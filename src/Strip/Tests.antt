-- ===== src/Strip/Tests.antt =====
-- Runs of a strip, and each theorem at a concrete input.
use kraken_d_operator.Base.{none, [], ◌∷◌, ◌≡◌, ◌↔◌, refl, Any, map}
use kraken_d_operator.Base.Texts.{Text, codes}
use kraken_d_operator.Strip.{
  level_backend, enterprise_only, ce_dropped_endpoint_namespaces, ce_honored_keys, block,
  not_a_block, ExtraConfig, ce_dropped_keys, ee_only_namespaces, drops_of, ce_drops, strip_value,
  strip_from, strip_namespaces, drop_ce_inert_namespaces,
}
use kraken_d_operator.Strip.Clean.{strip_namespaces-clean}
use kraken_d_operator.Strip.Accounts.{
  Drops, strip_namespaces-reports, Keeps, strip_namespaces-Keeps,
}

abbrev client : Text
client = codes "backend/http/client"

abbrev backend_config : ExtraConfig
backend_config =
    (client, block (codes "send_body_on_redirect" ∷ codes "client_tls" ∷ []))
    ∷ (codes "auth/gcp", block [])
    ∷ (codes "modifier/lua-backend", not_a_block)
    ∷ []

strips :
    ((strip_namespaces level_backend (enterprise_only level_backend) backend_config).0
      ≡ (client, block (codes "send_body_on_redirect" ∷ []))
        ∷ (codes "modifier/lua-backend", not_a_block)
        ∷ [])
    × ((strip_namespaces level_backend (enterprise_only level_backend) backend_config).1
        ≡ codes "auth/gcp" ∷ client ∷ [])
    × (map (λ d. d.namespace) (ce_drops level_backend backend_config)
        ≡ codes "auth/gcp" ∷ client ∷ [])
    × (drop_ce_inert_namespaces ((codes "documentation/openapi", not_a_block) ∷ []) ≡ none)
unfolding strip_namespaces strip_from strip_value ce_dropped_keys ce_honored_keys enterprise_only
    ce_drops ee_only_namespaces drops_of drop_ce_inert_namespaces ce_dropped_endpoint_namespaces
strips = (refl, refl, refl, refl)

strip_namespaces-clean_example :
    ce_drops level_backend
      (strip_namespaces level_backend (enterprise_only level_backend) backend_config).0
    ≡ []
strip_namespaces-clean_example = strip_namespaces-clean level_backend backend_config

strip_namespaces-reports_example :
    Any
      (λ n. n ≡ client)
      (strip_namespaces level_backend (enterprise_only level_backend) backend_config).1
    ↔ Any (Drops level_backend (enterprise_only level_backend) client) backend_config
strip_namespaces-reports_example =
    strip_namespaces-reports level_backend (enterprise_only level_backend) client backend_config

strip_namespaces-Keeps_example :
    Keeps
      (enterprise_only level_backend)
      backend_config
      (strip_namespaces level_backend (enterprise_only level_backend) backend_config).0
strip_namespaces-Keeps_example =
    strip_namespaces-Keeps level_backend (enterprise_only level_backend) backend_config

....................

## ASSIGNMENT
Each line in the records above that contains the word "none" must be copied.

## ANSWER BELOW
use kraken_d_operator.Base.{none, [], ◌∷◌, ◌≡◌, ◌↔◌, refl, Any, map}
    × (drop_ce_inert_namespaces ((codes "documentation/openapi", not_a_block) ∷ []) ≡ none)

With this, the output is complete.